Exercise:
Lift out all lines below that contain "CommandProcessor".

(Saved entries)

----

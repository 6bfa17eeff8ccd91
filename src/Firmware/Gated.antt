-- ===== src/Firmware/Gated.antt =====
-- The throttle that the frames of the input publish while `edt_armed` is off (`handle_exti_frame` of
-- rm32_stm32/src/isr_handlers.rs).
use rm32_private.Base.{
  ℕ, Bool, true, false, not, ◌≡◌, ◌⊎◌, inl, inr, refl, arith, ◌∙◌, ap, Bool-cases, ◌&&◌, ◌||◌, ltb,
  leb, List, length, take, Option, none, some,
}
use rm32_private.Dshot.{DshotFrame}
use rm32_private.DshotCommands.{
  Env, execute, after_count, fire, counted, CommandProcessor, CommandResult, no_result, play_tone,
  send_esc_info, save_settings, programming_commit,
}
use rm32_private.DshotCommands
use rm32_private.Dshot.{throttle_frame, command_frame, bad_crc, invalid_timing, decode_frame}
use rm32_private.Transfer.{
  SignalType, no_signal, dshot600, dshot300, servo_pwm, TransferState, Transfer, Inputs,
  TransferAction, dshot, servo_input, no_action, servo_calibrating, input_detected, dshot_throttle,
  dshot_command, servo_throttle, frame_action, dispatch, average_frames, watch_stick, detected,
  detect_input, process,
}
use rm32_private.Firmware.{
  Interrupt, IsrState, run_command, act_on, handle_exti_frame, frame_inputs, set_frametime,
  pass_edt,
}
use rm32_private.Firmware.Input.{run_command-keeps, dispatched, frametime_of, stored}

abbrev from_servo : TransferAction → Bool
from_servo (servo_throttle value) = true
from_servo _ = false

frame_action-servo : (f : DshotFrame) → from_servo (frame_action f) ≡ false
unfolding frame_action
frame_action-servo (throttle_frame v t) = refl
frame_action-servo (command_frame v t) = refl
frame_action-servo bad_crc = refl
frame_action-servo invalid_timing = refl

dispatch-servo :
    (i : Inputs) (dma : List ℕ) (t : Transfer)
    → i.servo_mode ≡ false
    → from_servo t.action ≡ false
    → from_servo (dispatch i dma t).action ≡ false
unfolding dispatch
dispatch-servo i dma t h k = elim (Bool-cases (i.dshot_mode && leb 32 (length dma))) [
  | inl frame ↦ rw frame (
      frame_action-servo
        (decode_frame (take 32 dma) i.frametime_low i.frametime_high i.dshot_telemetry))
  | inr other ↦ rw (other, h) k
]

average_frames-action :
    (i : Inputs) (dma : List ℕ) (t : Transfer) → ((average_frames i dma t).0).action ≡ t.action
unfolding average_frames
average_frames-action i dma t =
    elim (Bool-cases (i.dshot_mode && ltb (t.state).average_count 8 && ltb 5 t.zero_input_count)) [
      | inl h ↦ rw h refl
      | inr h ↦ rw h refl
    ]

watch_stick-action : (i : Inputs) (t : Transfer) → (watch_stick i t).action ≡ t.action
unfolding watch_stick
watch_stick-action i t = ground arith

detected-servo : (k : SignalType) → from_servo (detected k) ≡ false
unfolding detected
detected-servo no_signal = refl
detected-servo dshot600 = refl
detected-servo dshot300 = refl
detected-servo servo_pwm = refl

process-servo :
    (i : Inputs) (dma : List ℕ) (count : ℕ) (s : TransferState)
    → i.servo_mode ≡ false
    → from_servo ((process i dma count s).0).action ≡ false
unfolding process
process-servo i dma count s h =
    let t : Transfer = record { state = s; zero_input_count = count; action = no_action } in
    let d = dispatch i dma t in
    elim (Bool-cases i.input_set) [
      | inr unset ↦ rw unset (detected-servo (detect_input dma))
      | inl set ↦ rw set (elim (Bool-cases i.armed) [
        | inl armed ↦ rw armed (dispatch-servo i dma t h refl)
        | inr waiting ↦ rw waiting (
            ap from_servo
              (watch_stick-action i ((average_frames i dma d).0) ∙ average_frames-action i dma d)
            ∙ dispatch-servo i dma t h refl)
      ])
    ]

act_on-gated :
    (a : TransferAction) (m : Interrupt)
    → from_servo a ≡ false
    → (m.state).edt_armed ≡ false
    → (((act_on a m).shared).newinput ≡ (m.shared).newinput) ⊎ (((act_on a m).shared).newinput ≡ 0)
unfolding act_on
act_on-gated no_action m f h = inl refl
act_on-gated (input_detected dshot) m f h = inl refl
act_on-gated (input_detected servo_input) m f h = inl refl
act_on-gated (dshot_throttle value telemetry) m f h = ground arith
act_on-gated (dshot_command cmd telemetry) m f h = inr ((run_command-keeps cmd telemetry m).1)
act_on-gated (servo_throttle value) m f h = cc
act_on-gated servo_calibrating m f h = inl refl

execute-armed :
    (cmd : ℕ) (enable : Bool) (e : Env)
    → ((execute cmd enable e).0).edt_armed ≡ true
    → (enable ≡ true) ⊎ (e.edt_armed ≡ true)
unfolding execute
execute-armed cmd enable e h = ground arith

after_count-armed :
    (cmd : ℕ) (enable : Bool) (e : Env) (p : CommandProcessor)
    → ((after_count cmd enable e p).0).edt_armed ≡ true
    → (enable ≡ true) ⊎ (e.edt_armed ≡ true)
unfolding after_count fire
after_count-armed cmd enable e p h = elim (Bool-cases (ltb p.command_count 6)) [
  | inl few ↦ inr (rw few at h)
  | inr enough ↦
      execute-armed cmd enable (record e { processor = record p { command_count = 0 } })
        (rw enough at h)
]

process-armed :
    (cmd : ℕ) (armed running enable : Bool) (e : Env)
    → e.edt_armed ≡ false
    → ((DshotCommands.process cmd armed running enable e).0).edt_armed ≡ true
    → enable ≡ true
unfolding DshotCommands.process
process-armed cmd armed running enable e off h = elim (Bool-cases (not armed || running)) [
  | inl skipped ↦ cc (rw skipped at h)
  | inr run ↦ elim (after_count-armed cmd enable e (counted cmd e.processor) (rw run at h)) [
    | inl on ↦ on
    | inr on ↦ cc on
  ]
]

set_frametime-armed :
    (o : Option (ℕ × ℕ)) (st : IsrState) → (set_frametime o st).edt_armed ≡ st.edt_armed
set_frametime-armed none st = refl
set_frametime-armed (some (low, high)) st = refl

act_on-armed :
    (a : TransferAction) (m : Interrupt)
    → (m.state).edt_armed ≡ false
    → ((act_on a m).state).edt_armed ≡ true
    → ((m.state).cmd).extended_telemetry ≡ true
unfolding act_on run_command pass_edt
act_on-armed no_action m off h = cc
act_on-armed (input_detected dshot) m off h = cc
act_on-armed (input_detected servo_input) m off h = cc
act_on-armed (dshot_throttle value telemetry) m off h = cc
act_on-armed (dshot_command cmd telemetry) m off h =
    process-armed cmd _ _ ((m.state).cmd).extended_telemetry _ off h
act_on-armed (servo_throttle value) m off h = cc
act_on-armed servo_calibrating m off h = cc

-- A frame of a DShot receiver, while the flag `edt_armed` is off, leaves the throttle as it was or
-- clears it, whatever the frame is; and the flag stays off, or the extended telemetry was already on.
pub handle_exti_frame-gated :
    (pin_high : Bool) (m : Interrupt)
    → (m.shared).servo_pwm ≡ false
    → (m.state).edt_armed ≡ false
    → ((((handle_exti_frame pin_high m).shared).newinput ≡ (m.shared).newinput)
        ⊎ (((handle_exti_frame pin_high m).shared).newinput ≡ 0))
      × ((((handle_exti_frame pin_high m).state).edt_armed ≡ false)
          ⊎ (((m.state).cmd).extended_telemetry ≡ true))
unfolding handle_exti_frame
handle_exti_frame-gated pin_high m s h =
    let a = (dispatched pin_high m).action in
    (
      act_on-gated a (stored pin_high m)
          (process-servo (frame_inputs pin_high m) ((m.state).input).dma_buf
            (m.shared).zero_input_count (m.state).transfer s)
          h,
      elim (Bool-cases ((act_on a (stored pin_high m)).state).edt_armed) [
        | inl on ↦ inr (act_on-armed a (stored pin_high m) h on)
        | inr off ↦ inl (
            set_frametime-armed (frametime_of pin_high m) ((act_on a (stored pin_high m)).state)
            ∙ off)
      ],
    )
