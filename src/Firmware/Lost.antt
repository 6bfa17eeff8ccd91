-- ===== src/Firmware/Lost.antt =====
-- The settings that the main loop of the firmware saves: the interrupts take their state out of the cell
-- that `with_isr_state` (rm32_stm32/src/isr.rs) looks into.
use rm32_private.Base.{
  ◌≡◌, refl, ap, ◌∙◌, Bool, true, false, Option, none, some, [], ◌∷◌, ◌++◌, if◌then◌else◌,
}
use rm32_private.Firmware.{IsrState}
use rm32_private.Firmware.Globals.{Globals, interrupted, interrupted-takes, interrupted-first}
use rm32_private.Firmware.Boot.{Machine, flash_write}
use rm32_private.Firmware.Body.{save, config_from}

write_with : {U : Type 0} (b : Bool) (m n : Machine U) → b ≡ true → (if b then n else m) ≡ n
write_with b m n h = rw h refl

pub save-writes :
    {U : Type 0} (m : Machine U) (o : Option IsrState)
    → (m.shared).save_settings_flag ≡ true
    → (m.globals).isr_state ≡ o
    → ((save m).sent
        ≡ m.sent ++ (flash_write m.eeprom_address ((config_from o (m.main).config).bytes) ∷ []))
      × (((save m).main).config ≡ config_from o (m.main).config)
      × (((save m).shared).save_settings_flag ≡ false)
unfolding save
save-writes {U} m o h e =
    let config = config_from (m.globals).isr_state (m.main).config in
    let n : Machine U = record m {
      sent = m.sent ++ (flash_write m.eeprom_address (config.bytes) ∷ []);
      shared = record (m.shared) { save_settings_flag = false };
      main = record (m.main) { config = config };
    } in
    let same : save m ≡ n = write_with (m.shared).save_settings_flag m n h in
    let taken = λ (t : Option IsrState). config_from t (m.main).config in
    (
      ap (λ (t : Machine U). t.sent) same
          ∙ ap
              (λ (t : Option IsrState).
                m.sent ++ (flash_write m.eeprom_address ((taken t).bytes) ∷ []))
              e,
      ap (λ (t : Machine U). (t.main).config) same ∙ ap taken e,
      ap (λ (t : Machine U). (t.shared).save_settings_flag) same,
    )

kept_globals :
    {U : Type 0} (b : Bool) (m n : Machine U)
    → n.globals ≡ m.globals
    → (if b then n else m).globals ≡ m.globals
kept_globals true m n h = h
kept_globals false m n h = refl

save-globals : {U : Type 0} (m : Machine U) → (save m).globals ≡ m.globals
unfolding save
save-globals {U} m = kept_globals (m.shared).save_settings_flag m _ refl

-- A request to save is answered by writing all the settings, and withdrawn. Before any interrupt they
-- are those of the interrupts' state, which the main loop takes over. After the first interrupt they are
-- the main loop's own; what that interrupt has made of the others is left in the interrupts' cell, and
-- not saved.
pub save-stale :
    {U : Type 0} (m : Machine U) (st : IsrState) (f : IsrState → IsrState) (g' : Globals)
    → (m.shared).save_settings_flag ≡ true
    → (m.globals).isr_state ≡ some st
    → (m.globals).isr_local ≡ none
    → interrupted f m.globals ≡ some g'
    → let later = save (record m { globals = g' }) in
      ((save m).sent ≡ m.sent ++ (flash_write m.eeprom_address ((st.config).bytes) ∷ []))
      × (((save m).main).config ≡ st.config)
      × (((save m).shared).save_settings_flag ≡ false)
      × (later.sent ≡ m.sent ++ (flash_write m.eeprom_address (((m.main).config).bytes) ∷ []))
      × ((later.main).config ≡ (m.main).config)
      × ((later.shared).save_settings_flag ≡ false)
      × (later.globals ≡ record { isr_state = none; isr_local = some (f st) })
save-stale m st f g' h e l i =
    let before = save-writes m (some st) h e in
    let after =
      save-writes (record m { globals = g' }) none h (interrupted-takes f m.globals g' l i) in
    (
      before.0,
      before.1,
      before.2,
      after.0,
      after.1,
      after.2,
      save-globals (record m { globals = g' }) ∙ interrupted-first f m.globals g' st e l i,
    )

----

Final answer:
  Env, execute, after_count, fire, counted, CommandProcessor, CommandResult, no_result, play_tone,
    (cmd : ℕ) (enable : Bool) (e : Env) (p : CommandProcessor)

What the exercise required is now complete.